2021년 09월 3일 작성이: karenbell399
That you're here shows you are strong & willing to fight for you health. Keep going :-) 
2021년 09월 3일 작성이: mrsclassicscrazy
Thank-you all for your support. It was only when I first saw the images on an old hard-drive, that I had any memory at all, of taking them. They brought tears to my eyes too. I almost deleted them 30 seconds after posting, as I thought they are just too pitiful for FS public view. But then I realized I no longer feel that way...it is history...and I am very much looking forward to my next 20(30) years. ***If anyone feels the way I appear in those photos, please ask for help, don't suffer needlessly alone.*** Some day, I might post what happened in 2007 that triggered the depression, and the reason why am fairly certain that I will not have a re-occurrence. Also I am really looking forward to posting my 'after' photos in Dec 2022 at my goal weight with a big smile on my face.😃 
2021년 09월 4일 작성이: deelbee
Thank you for sharing Deelbee - you have helped at least one person (that'd be me) with your post already and I suspect many more besides!  
2021년 09월 5일 작성이: Fozzy61
The important thing is you never gave up (me too). Thank you for sharing as we all draw on each other’s successes and you’re doing g a great job. Keep on track and stay in the moment. You have reminded me of my struggle with weight and given me strength. Funny thing is I seldom look in the comments area of this app but today I did. 🙏🏼 🤗 💞 
2021년 09월 5일 작성이: lessofgrace
Moving forward IS THE HARDEST THING! look forward: that’s where you want to go, and by getting up and trying again, you already are half way there 😃👏👏👏 Keep going 👍 
2021년 09월 5일 작성이: Geffer
Thank you for sharing your journey. You are incredibly brave and I admire your courage and honesty. My young daughter is struggling significantly with self esteem and body image issues and helping her see this is not an age related issue will help.  

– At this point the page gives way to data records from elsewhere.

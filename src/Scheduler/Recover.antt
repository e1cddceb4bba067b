-- ===== src/Scheduler/Recover.antt =====
-- internal/scheduler/scheduler.go: running tasks that are made retryable again, because their lease
-- lapsed, the scheduler stops or it starts anew.
pub mod Reaped
use text.Mathlib.Text.{starts_with}
use job_raft.Base.{
  ℕ, String, Bool, ◌&&◌, ◌||◌, not, Option, none, some, List, [], ◌∷◌, ltb, if◌then◌else◌, ◌==◌,
  lookup, is_some,
}
use job_raft.Task.{running, retrying, status_eq, Task, Err, is_terminal}
use job_raft.Store.{Result, ok, err, Store}
use job_raft.Scheduler.{Scheduler, cancel_running, unreserve, write_if_state, add_one}

-- The record that puts a running task back, for the given reason.
unfoldable pub put_back : ℕ → String → Task → Task
put_back now reason t = record t {
  status = retrying;
  run_at = now;
  worker_id = "";
  lease_until = none;
  lease_token = "";
  last_error = reason;
}

-- A running task whose lease has lapsed.
unfoldable pub lease_lapsed : ℕ → Task → Bool
lease_lapsed now t =
    status_eq t.status running
    && elim t.lease_until [ none ↦ Bool.false | some until ↦ not (ltb now until) ]

module _ {S : Type 0} (api : Store S) where
  unfoldable pub expired_candidates : ℕ → Scheduler S → Result (List Task)
  expired_candidates now s = elim api.task_scanner [
    | some scanner ↦ scanner.list_expired now s.store
    | none ↦ api.list s.store
  ]

  unfoldable pub count_reaped : Option Err × S → Scheduler S → Scheduler S
  count_reaped (none, st) s = record s { store = st; lease_expired = add_one s.lease_expired }
  count_reaped (some e, st) s = record s { store = st }

  -- The write of one reaped task. Without a conditional write the record is read again first.
  unfoldable pub reap_write : Task → Task → Scheduler S → Scheduler S
  reap_write t t' s = elim api.conditional_updater [
    | some updater ↦ count_reaped (updater.update_if_state t.id running t.lease_token t' s.store) s
    | none ↦ elim (api.get t.id s.store) [
      | err e ↦ s
      | ok current ↦
          if not (status_eq current.status running) || not (current.lease_token == t.lease_token)
          then s
          else count_reaped (api.update t' s.store) s
    ]
  ]

  -- The body of the loop of `reapExpired`.
  unfoldable pub reap_one : ℕ → Task → Scheduler S → Scheduler S
  reap_one now t s =
      if not (lease_lapsed now t)
      then s
      else if is_terminal t
      then s
      else reap_write t (put_back now "worker lease expired" t)
          (unreserve t.id (cancel_running t.id s))

  unfoldable pub reap_all : ℕ → List Task → Scheduler S → Scheduler S
  reap_all now [] s = s
  reap_all now (t ∷ ts) s = reap_all now ts (reap_one now t s)

  -- `reapExpired`, with the readings of the query and of the loop.
  unfoldable pub reap_expired : ℕ → ℕ → Scheduler S → Scheduler S
  reap_expired now_query now s = elim (expired_candidates now_query s) [
    | err e ↦ s
    | ok items ↦ reap_all now items s
  ]

  unfoldable pub is_local_worker : String → Scheduler S → Bool
  is_local_worker id s = is_some (lookup id s.workers_by_id) && starts_with id "local-"

  -- The body of the loop of `requeueRunningOnStop`.
  unfoldable pub requeue_one : ℕ → Task → Scheduler S → Scheduler S
  requeue_one now t s =
      if not (status_eq t.status running) || not (is_local_worker t.worker_id s)
      then s
      else record s {
        store =
            (write_if_state api t.id running t.lease_token
              (put_back now "scheduler stopped while task was running" t) s.store).1;
      }

  unfoldable pub requeue_all : ℕ → List Task → Scheduler S → Scheduler S
  requeue_all now [] s = s
  requeue_all now (t ∷ ts) s = requeue_all now ts (requeue_one now t s)

  unfoldable pub requeue_running_on_stop : ℕ → Scheduler S → Scheduler S
  requeue_running_on_stop now s = elim (api.list s.store) [
    | err e ↦ s
    | ok items ↦ requeue_all now items s
  ]

  -- The loop of `recoverRunning`; its writes are unconditional.
  unfoldable pub recover_all : ℕ → List Task → S → S
  recover_all now [] st = st
  recover_all now (t ∷ ts) st = recover_all now ts (
      if status_eq t.status running
      then (api.update (put_back now "scheduler restarted while task was running" t) st).1
      else st)

  unfoldable pub recover_running : ℕ → Scheduler S → Scheduler S
  recover_running now s = elim (api.list s.store) [
    | err e ↦ s
    | ok items ↦ record s { store = recover_all now items s.store }
  ]
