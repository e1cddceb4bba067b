-- ===== src/Scheduler/Lifecycle.antt =====
-- internal/scheduler/scheduler.go: `Start`, `Stop`, and the events of the loop between them.
use Prim.Native.String.{◌++◌}
use text.Mathlib.Text.{starts_with}
use job_raft.Base.{
  ℕ, zero, suc, String, true, false, ◌&&◌, ◌||◌, not, List, [], ◌∷◌, Assoc, if◌then◌else◌, decimal,
  decimal_ℤ, is_some,
}
use job_raft.Store.{Store}
use job_raft.Scheduler.{Scheduler, unix_nano}
use job_raft.Scheduler.Workers.{register_worker, heartbeat}
use job_raft.Scheduler.Recover.{recover_running, requeue_running_on_stop}

-- `fmt.Sprintf("local-%d-%d", nanos, i)`
unfoldable pub local_name : ℕ → ℕ → String
local_name now i = "local-" ++ decimal_ℤ (unix_nano now) ("-" ++ decimal i "")

-- The keys of the map that start with the prefix of the local workers.
unfoldable pub local_ids {ℓ} : {V : Type ℓ} → Assoc V → List String
local_ids [] = []
local_ids ((id, w) ∷ m) =
    let rest = local_ids m in if starts_with id "local-" then id ∷ rest else rest

module _ {S : Type 0} (api : Store S) where
  -- The loop of `Start` from worker `i` on; the errors are dropped.
  unfoldable pub register_local : ℕ → ℕ → ℕ → (ℕ → ℕ) → Scheduler S → Scheduler S
  register_local zero i now_name clock s = s
  register_local (suc left) i now_name clock s =
      register_local left (suc i) now_name clock
        (register_worker api (clock i) (local_name now_name i) s).1

  unfoldable pub start : ℕ → ℕ → (ℕ → ℕ) → Scheduler S → Scheduler S
  start now_name now_recover clock s =
      if s.started && not s.stopped
      then s
      else (let s' =
            register_local s.workers 0 now_name clock
              (record s { stopped = false; started = true }) in
          if is_some api.atomic_claimer then s' else recover_running api now_recover s')

  -- What the loop does when its context is canceled.
  unfoldable pub leave_loop : ℕ → Scheduler S → Scheduler S
  leave_loop now s = record (requeue_running_on_stop api now s) { stopped = true; started = false }

  -- `Stop` waits for the loop to leave.
  unfoldable pub stop : ℕ → Scheduler S → Scheduler S
  stop now s =
      if not s.started || s.stopped then s else leave_loop now (record s { stopped = true })

  -- The tick of the heartbeat timer: one heartbeat for each local worker.
  unfoldable pub heartbeat_all : (ℕ → ℕ) → List String → Scheduler S → Scheduler S
  heartbeat_all clock [] s = s
  heartbeat_all clock (id ∷ ids) s =
      heartbeat_all (λ n. clock (suc n)) ids (heartbeat api (clock 0) id s).1

  unfoldable pub heartbeat_local : (ℕ → ℕ) → Scheduler S → Scheduler S
  heartbeat_local clock s = heartbeat_all clock (local_ids s.workers_by_id) s
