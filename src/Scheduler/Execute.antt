-- ===== src/Scheduler/Execute.antt =====
-- internal/scheduler/scheduler.go: a local worker takes a task off the queue and runs its handler.
use job_raft.Base.{
  ℕ, suc, String, ◌||◌, not, Option, none, some, [], ◌∷◌, if◌then◌else◌, ◌==◌, lookup, insert,
}
use job_raft.Task.{running, status_eq, Task}
use job_raft.Store.{ok, err, Store}
use job_raft.Scheduler.{Scheduler, unreserve}
use job_raft.Scheduler.Complete.{finish}

-- `if err == nil && ctx.Err() != nil { err = ctx.Err() }`
unfoldable pub or_context_error : Option String → Option String → Option String
or_context_error none context_err = context_err
or_context_error (some e) context_err = some e

module _ {S : Type 0} (api : Store S) where
  -- Whether the store still has the task running under the token of the queued record.
  unfoldable pub still_owned : Task → S → Option Task
  still_owned t st = elim (api.get t.id st) [
    | err e ↦ none
    | ok current ↦
        if not (status_eq current.status running) || not (current.lease_token == t.lease_token)
        then none
        else some current
  ]

  -- What `execute` does once the handler has returned: the context's own cancel function is called
  -- last.
  unfoldable pub end_run : ℕ → Task → ℕ → Option String → Scheduler S → Scheduler S
  end_run now t context run_err s =
      let s' : Scheduler S = elim (still_owned t s.store) [
        | none ↦ s
        | some current ↦ (finish api now current run_err s).1
      ] in
      record s' {
        running = (unreserve t.id s').running;
        canceled_contexts = context ∷ s'.canceled_contexts;
      }

  -- The registration of the run under a new context.
  unfoldable pub begin_run : Task → Scheduler S → Scheduler S
  begin_run t s = record s {
    running = insert t.id (some s.next_context) s.running;
    next_context = suc s.next_context;
  }

  -- `execute`. While the handler runs the others do `meanwhile`, and `context_err` is the context's
  -- error at its end. `none` is the call of a nil handler, which panics.
  unfoldable pub execute :
      (Scheduler S → Scheduler S) → ℕ → Option String → Task → Scheduler S → Option (Scheduler S)
  execute meanwhile now context_err t s = elim (still_owned t s.store) [
    | none ↦ some (unreserve t.id s)
    | some _ ↦ elim (lookup t.name s.handlers) [
      | none ↦ none
      | some h ↦ some (
          end_run now t s.next_context (or_context_error (h t) context_err)
            (meanwhile (begin_run t s)))
    ]
  ]

  -- A round of `worker`: the oldest task of the queue, if there is one.
  unfoldable pub work :
      (Scheduler S → Scheduler S) → ℕ → Option String → Scheduler S → Option (Scheduler S)
  work meanwhile now context_err s = elim s.queue [
    | [] ↦ some s
    | t ∷ rest ↦ execute meanwhile now context_err t (record s { queue = rest })
  ]
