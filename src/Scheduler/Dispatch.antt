-- ===== src/Scheduler/Dispatch.antt =====
-- internal/scheduler/scheduler.go: the scheduler's tick, which hands due tasks to local workers.
pub mod Start
use job_raft.Base.{
  ℕ, suc, ◌*◌, String, ◌||◌, not, none, some, List, [], ◌∷◌, ◌++◌, ltb, inc_int, dec_int,
  if◌then◌else◌, ◌==◌, Assoc, lookup, length, is_some,
}
use job_raft.Task.{pending, running, Task, add_time}
use job_raft.Store.{Result, ok, err, Worker, Store, due}
use job_raft.Scheduler.{
  Scheduler, gate_closed, reserve, unreserve, write_if_state, dependencies_ready, fail_unready_task,
  lease_token_of,
}
use job_raft.Scheduler.Metrics.{observe_queue_latency}
use job_raft.Scheduler.Recover.{reap_expired}

-- The first worker in the map's order whose lease is live; "" is none.
unfoldable pub first_live : ℕ → Assoc Worker → String
first_live now [] = ""
first_live now ((id, w) ∷ m) = if ltb now w.lease_until then id else first_live now m

unfoldable pub pick_worker : {S : Type 0} → ℕ → Scheduler S → String
pick_worker now s = first_live now s.workers_by_id

-- The record that a dispatch writes over the listed task.
unfoldable pub dispatched_task : {S : Type 0} → ℕ → ℕ → Task → Scheduler S → Task
dispatched_task now now_pick t s = record t {
  status = running;
  attempts = inc_int t.attempts;
  started_at = some now;
  lease_until = some (add_time now s.lease_ttl);
  lease_token = lease_token_of now t.id;
  worker_id = pick_worker now_pick s;
}

-- The record that goes back when the queue is full.
unfoldable pub rolled_back : Task → Task
rolled_back t = record t { status = pending; attempts = dec_int t.attempts }

module _ {S : Type 0} (api : Store S) where
  unfoldable pub due_tasks : ℕ → Scheduler S → Result (List Task)
  due_tasks now s = elim api.task_scanner [
    | some scanner ↦ scanner.list_due now s.store
    | none ↦ elim (api.list s.store) [ err e ↦ err e | ok items ↦ ok (due items now) ]
  ]

  -- The non-blocking send to the queue, whose capacity is twice the number of workers, and the
  -- guarded rollback when it is full.
  unfoldable pub enqueue : Task → Scheduler S → Scheduler S
  enqueue t s =
      if ltb (length s.queue) (s.workers * 2)
      then record s { queue = s.queue ++ t ∷ [] }
      else unreserve t.id (record s {
        store = (write_if_state api t.id running t.lease_token (rolled_back t) s.store).1;
      })

  -- The write of the running record, for a task that is reserved.
  unfoldable pub start_task : ℕ → ℕ → ℕ → Task → Scheduler S → Scheduler S
  start_task now now_pick now_seen t s =
      let t' = dispatched_task now now_pick t s in
      let r = write_if_state api t.id t.status t.lease_token t' s.store in
      elim r.0 [
        | none ↦ enqueue t' (observe_queue_latency now_seen t' (record s { store = r.1 }))
        | some e ↦ unreserve t.id (record s { store = r.1 })
      ]

  -- The body of the loop of `dispatch`. It reads the clock at most three times.
  unfoldable pub dispatch_one : (ℕ → ℕ) → Task → Scheduler S → Scheduler S
  dispatch_one clock t s =
      let (ready, problem) = dependencies_ready api t.depends_on s.store in
      if not (problem == "")
      then record s { store = fail_unready_task api (clock 0) t problem s.store }
      else if not ready
      then s
      else if is_some (lookup t.id s.running) || not (is_some (lookup t.name s.handlers))
      then s
      else start_task (clock 0) (clock 1) (clock 2) t (reserve t.id s)

  -- Each round has three readings of the clock to itself, whether or not it makes them all.
  unfoldable pub dispatch_all : (ℕ → ℕ) → List Task → Scheduler S → Scheduler S
  dispatch_all clock [] s = s
  dispatch_all clock (t ∷ ts) s =
      dispatch_all (λ n. clock (suc (suc (suc n)))) ts (dispatch_one clock t s)

  -- `dispatch`, with the readings of the two queries and of the reaping loop.
  unfoldable pub dispatch : ℕ → ℕ → ℕ → (ℕ → ℕ) → Scheduler S → Scheduler S
  dispatch now_expired now_reap now_due clock s =
      if gate_closed s.leader_gate
      then s
      else (let s' = reap_expired api now_expired now_reap s in
          elim (due_tasks now_due s') [ err e ↦ s' | ok items ↦ dispatch_all clock items s' ])
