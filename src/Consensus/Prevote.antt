-- ===== src/Consensus/Prevote.antt =====
-- consensus/consensus_state.go: entering the prevote step and waiting for prevotes.
use go_minimal_pbft.Prelude.{ℕ, not, none, some, if◌then◌else◌}
use go_minimal_pbft.Prelude.Int.{ℤ}
use go_minimal_pbft.RoundStep
use go_minimal_pbft.Messages.{zero_hash, prevote_type, no_two_thirds_prevotes}
use go_minimal_pbft.Interfaces.{Env}
use go_minimal_pbft.Consensus.Monad.{ok, throw, defer, ◌>>◌}
use go_minimal_pbft.Consensus.State.{
  Action, update_round_step, new_step, schedule_timeout, is_stale,
}
use go_minimal_pbft.Consensus.Signing.{sign_add_vote}

module _ (e : Env) where
  -- `defaultDoPrevote`.
  unfoldable pub do_prevote : Action e (Unit {0})
  do_prevote s = elim s.locked_block [
    | some locked ↦ sign_add_vote e prevote_type (e.hash locked) s
    | none ↦ elim s.proposal_block [
      | none ↦ sign_add_vote e prevote_type zero_hash s
      | some block ↦
          if e.validate s.chain_state block
          then sign_add_vote e prevote_type (e.hash block) s
          else sign_add_vote e prevote_type zero_hash s
    ]
  ]

  unfoldable pub enter_prevote : ℕ → ℤ → Action e (Unit {0})
  unfolding do_prevote update_round_step new_step
  enter_prevote height round s =
      if is_stale e height round RoundStep.prevote s
      then ok tt s
      else defer do_prevote (do update_round_step e round RoundStep.prevote; new_step e) s

  -- `enterPrevoteWait` below its guards.
  unfoldable pub begin_prevote_wait : ℕ → ℤ → Action e (Unit {0})
  unfolding update_round_step new_step schedule_timeout
  begin_prevote_wait height round =
      defer (schedule_timeout e (e.prevote_timeout round) height round RoundStep.prevote_wait)
        (do update_round_step e round RoundStep.prevote_wait; new_step e)

  unfoldable pub enter_prevote_wait : ℕ → ℤ → Action e (Unit {0})
  enter_prevote_wait height round s =
      if is_stale e height round RoundStep.prevote_wait s
      then ok tt s
      else if not (e.has_two_thirds_any (e.prevotes s.votes round))
      then throw no_two_thirds_prevotes s
      else begin_prevote_wait height round s
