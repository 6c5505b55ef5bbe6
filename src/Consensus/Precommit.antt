-- ===== src/Consensus/Precommit.antt =====
-- consensus/consensus_state.go: entering the precommit step, where the lock is taken and released,
-- and waiting for precommits.
use go_minimal_pbft.Prelude.{
  Bool, ℕ, true, not, ◌||◌, ◌&&◌, Option, none, some, ◌==◌, if◌then◌else◌,
}
use go_minimal_pbft.Prelude.Int.{ℤ, negsuc, ltb_ℤ, eqb_ℤ}
use go_minimal_pbft.RoundStep
use go_minimal_pbft.Messages.{
  Hash, zero_hash, precommit_type, pol_round_behind, invalid_polka_block, nil_pointer,
  no_two_thirds_precommits,
}
use go_minimal_pbft.Interfaces.{Env}
use go_minimal_pbft.Consensus.Monad.{ok, throw, defer, ◌>>◌}
use go_minimal_pbft.Consensus.State.{
  State, Action, modify_rs, update_round_step, new_step, schedule_timeout, is_stale,
}
use go_minimal_pbft.Consensus.Signing.{sign_add_vote}

module _ (e : Env) where
  unfoldable pub unlock : Action e (Unit {0})
  unlock = modify_rs e (λ r. record r { locked_round = negsuc 0; locked_block = none })

  unfoldable pub lock : ℤ → Option e.Block → Action e (Unit {0})
  lock round block = modify_rs e (λ r. record r { locked_round = round; locked_block = block })

  -- Locks the proposal block, which +2/3 prevoted for, and precommits it.
  unfoldable pub lock_proposal_block : ℤ → Hash → Option e.Block → Action e (Unit {0})
  unfolding lock
  lock_proposal_block round block_id none s = throw nil_pointer s
  lock_proposal_block round block_id (some block) s =
      if e.validate s.chain_state block
      then (do lock round (some block); sign_add_vote e precommit_type block_id) s
      else throw invalid_polka_block s

  -- The part below the nil cases: +2/3 prevoted for the block with hash `block_id`.
  unfoldable pub precommit_block : ℤ → Hash → Action e (Unit {0})
  unfolding unlock lock lock_proposal_block
  precommit_block round block_id s =
      if e.hash_to s.locked_block block_id
      then (do lock round s.locked_block; sign_add_vote e precommit_type block_id) s
      else if e.hash_to s.proposal_block block_id
      then lock_proposal_block round block_id s.proposal_block s
      else (do unlock; sign_add_vote e precommit_type zero_hash) s

  -- +2/3 prevoted for nil.
  unfoldable pub precommit_nil : Option e.Block → Action e (Unit {0})
  unfolding unlock
  precommit_nil none = sign_add_vote e precommit_type zero_hash
  precommit_nil (some _) = do unlock; sign_add_vote e precommit_type zero_hash

  -- By the hash that +2/3 prevoted for, if there is one.
  unfoldable pub precommit_polka : ℤ → Option Hash → Action e (Unit {0})
  unfolding precommit_nil precommit_block
  precommit_polka round none s = sign_add_vote e precommit_type zero_hash s
  precommit_polka round (some block_id) s =
      if ltb_ℤ (e.pol_round s.votes) round
      then throw pol_round_behind s
      else if block_id == zero_hash
      then precommit_nil s.locked_block s
      else precommit_block round block_id s

  unfoldable pub do_precommit : ℤ → Action e (Unit {0})
  unfolding precommit_polka
  do_precommit round s = precommit_polka round (e.two_thirds_majority (e.prevotes s.votes round)) s

  unfoldable pub enter_precommit : ℕ → ℤ → Action e (Unit {0})
  unfolding do_precommit update_round_step new_step
  enter_precommit height round s =
      if is_stale e height round RoundStep.precommit s
      then ok tt s
      else defer (do_precommit round) (do update_round_step e round RoundStep.precommit; new_step e)
          s

  abbrev trigger : Action e (Unit {0})
  trigger = modify_rs e (λ r. record r { triggered_timeout_precommit = true })

  -- `enterPrecommitWait` below its guards.
  unfoldable pub begin_precommit_wait : ℕ → ℤ → Action e (Unit {0})
  unfolding new_step schedule_timeout
  begin_precommit_wait height round =
      defer (schedule_timeout e (e.precommit_timeout round) height round RoundStep.precommit_wait)
        (do trigger; new_step e)

  abbrev pub has_waited : ℕ → ℤ → State e → Bool
  has_waited height round s =
      not (s.height == height)
      || ltb_ℤ round s.round
      || (eqb_ℤ s.round round && s.triggered_timeout_precommit)

  unfoldable pub enter_precommit_wait : ℕ → ℤ → Action e (Unit {0})
  enter_precommit_wait height round s =
      if has_waited height round s
      then ok tt s
      else if not (e.has_two_thirds_any (e.precommits s.votes round))
      then throw no_two_thirds_precommits s
      else begin_precommit_wait height round s
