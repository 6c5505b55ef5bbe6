-- ===== src/Consensus/Propose.antt =====
-- consensus/consensus_state.go: entering a new round and its propose step.
use go_minimal_pbft.Prelude.{
  ℕ, zero, suc, Bool, true, false, not, ◌||◌, ◌&&◌, Option, none, some, [], ◌==◌, if◌then◌else◌,
}
use go_minimal_pbft.Prelude.Int.{ℤ, pos, ltb_ℤ, eqb_ℤ}
use go_minimal_pbft.RoundStep
use go_minimal_pbft.SafeMath.{safe_add_int32, safe_sub_int32}
use go_minimal_pbft.Messages.{
  Address, zero_hash, Proposal, nil_pointer, no_private_validator, library_panic,
}
use go_minimal_pbft.Interfaces.{Env}
use go_minimal_pbft.Consensus.Monad.{
  ok, get, pure, throw, or_panic, checked, defer, when, ◌>>=◌, ◌>>◌,
}
use go_minimal_pbft.Consensus.State.{
  proposal_message, State, Action, modify_rs, update_round_step, new_step, schedule_timeout,
  send_internal_message, is_proposal_complete, is_stale,
}
use go_minimal_pbft.Consensus.Prevote.{enter_prevote}

module _ (e : Env) where
  unfoldable pub is_proposer : Address → Action e Bool
  is_proposer address s = elim (e.get_proposer s.validators) [
    | none ↦ throw nil_pointer s
    | some v ↦ ok (v.address == address) s
  ]

  abbrev make_block_for : e.Commit → State e → Option e.Block
  make_block_for commit s = elim s.priv_validator_pub_key [
    | none ↦ none
    | some key ↦ e.make_block s.chain_state s.height commit (e.key_address key)
  ]

  -- `none` is a nil block.
  unfoldable pub create_proposal_block : Action e (Option e.Block)
  create_proposal_block s = elim s.priv_validator [
    | none ↦ throw no_private_validator s
    | some _ ↦
        if s.height == s.chain_state.initial_height
        then ok (make_block_for (e.new_commit 0 (pos 0) zero_hash []) s) s
        else if e.has_two_thirds_majority s.last_commit
        then ok (make_block_for (e.make_commit s.last_commit) s) s
        else ok none s
  ]

  abbrev block_to_propose : Action e (Option e.Block)
  unfolding create_proposal_block
  block_to_propose s = elim s.valid_block [
    | some b ↦ ok (some b) s
    | none ↦ create_proposal_block s
  ]

  abbrev push_proposal : Proposal e.Block × Bool → Action e (Unit {0})
  unfolding send_internal_message
  push_proposal (proposal, true) =
      send_internal_message e (record { msg = proposal_message proposal; peer_id = [] })
  push_proposal (proposal, false) = pure tt

  sign_and_send : ℕ → ℤ → Option e.Block → Action e (Unit {0})
  unfolding send_internal_message
  sign_and_send height round none s = ok tt s
  sign_and_send height round (some block) s = elim s.priv_validator [
    | none ↦ throw nil_pointer s
    | some pv ↦
        push_proposal
          (e.sign_proposal pv s.chain_state.chain_id e.timeout_propose
            (e.new_proposal height round s.valid_round block))
          s
  ]

  -- `defaultDecideProposal`.
  unfoldable pub decide_proposal : ℕ → ℤ → Action e (Unit {0})
  unfolding create_proposal_block sign_and_send send_internal_message
  decide_proposal height round = do block ← block_to_propose; sign_and_send height round block

  abbrev propose_if : ℕ → ℤ → Bool → Action e (Unit {0})
  unfolding decide_proposal
  propose_if height round ours = when ours (decide_proposal height round)

  -- What `enterPropose` does before its deferred function.
  unfoldable pub do_propose : ℕ → ℤ → Action e (Unit {0})
  unfolding is_proposer decide_proposal
  do_propose height round s = elim s.priv_validator [
    | none ↦ ok tt s
    | some _ ↦ elim s.priv_validator_pub_key [
      | none ↦ ok tt s
      | some key ↦
          if e.has_address s.validators (e.key_address key)
          then (do ours ← is_proposer (e.key_address key); propose_if height round ours) s
          else ok tt s
    ]
  ]

  -- The deferred function.
  unfoldable pub propose_done : ℕ → ℤ → Action e (Unit {0})
  unfolding update_round_step new_step
  propose_done height round = do
    update_round_step e round RoundStep.propose
    new_step e
    s ← get
    when (is_proposal_complete e s) (enter_prevote e height s.round)

  unfoldable pub enter_propose : ℕ → ℤ → Action e (Unit {0})
  unfolding do_propose propose_done schedule_timeout
  enter_propose height round s =
      if is_stale e height round RoundStep.propose s
      then ok tt s
      else defer
          (do
            schedule_timeout e (e.propose_timeout round) height round RoundStep.propose
            do_propose height round)
          (propose_done height round) s

  -- The loop that moves the proposer on by `to - from` rounds, `n` times.
  unfoldable pub rotate_validators :
      ℕ → ℤ → ℤ → Option e.ValidatorSet → Action e (Option e.ValidatorSet)
  rotate_validators zero to from vals = pure vals
  rotate_validators (suc n) to from vals = do
    times ← checked (safe_sub_int32 to from)
    rotate_validators n to from (e.increment_proposer_priority times vals)

  abbrev pub validators_for : ℤ → Action e (Option e.ValidatorSet)
  unfolding rotate_validators
  validators_for round s =
      if ltb_ℤ s.round round
      then rotate_validators (e.proposer_repetition s.validators) round s.round s.validators s
      else ok s.validators s

  unfoldable pub reset_proposal : ℤ → Action e (Unit {0})
  reset_proposal round =
      when (not (eqb_ℤ round (pos 0)))
        (modify_rs e (λ r. record r { proposal = none; proposal_block = none }))

  -- `cs.Votes.SetRound(SafeAddInt32(round, 1))`.
  unfoldable pub track_rounds : ℤ → Action e (Unit {0})
  track_rounds round = do
    next ← checked (safe_add_int32 round (pos 1))
    s ← get
    votes ← or_panic library_panic (e.set_round s.votes next)
    modify_rs e (λ r. record r { votes = votes; triggered_timeout_precommit = false })

  abbrev set_validators : Option e.ValidatorSet → Action e (Unit {0})
  set_validators validators = modify_rs e (λ r. record r { validators = validators })

  -- `enterNewRound` below the rotation of the proposer.
  unfoldable pub begin_round : ℕ → ℤ → Option e.ValidatorSet → Action e (Unit {0})
  unfolding update_round_step reset_proposal track_rounds
  begin_round height round validators = do
    update_round_step e round RoundStep.new_round
    set_validators validators
    reset_proposal round
    track_rounds round
    enter_propose height round

  abbrev pub has_started : ℕ → ℤ → State e → Bool
  has_started height round s =
      not (s.height == height)
      || ltb_ℤ round s.round
      || (eqb_ℤ s.round round && not (s.step == RoundStep.new_height))

  unfoldable pub enter_new_round : ℕ → ℤ → Action e (Unit {0})
  unfolding begin_round rotate_validators
  enter_new_round height round s =
      if has_started height round s
      then ok tt s
      else (do validators ← validators_for round; begin_round height round validators) s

2021년 09월 6일 작성이: NoDadBod
you can do it , im starting fresh today for the 900th time in the last 4 yrs its very hard especially when u injoy food. and foods all around, but you can crush this and next pic please take that bqg off your head because your human and you mattter 
2021년 09월 6일 작성이: dAniimoghim
happy for you! hanging in there and you will be fine.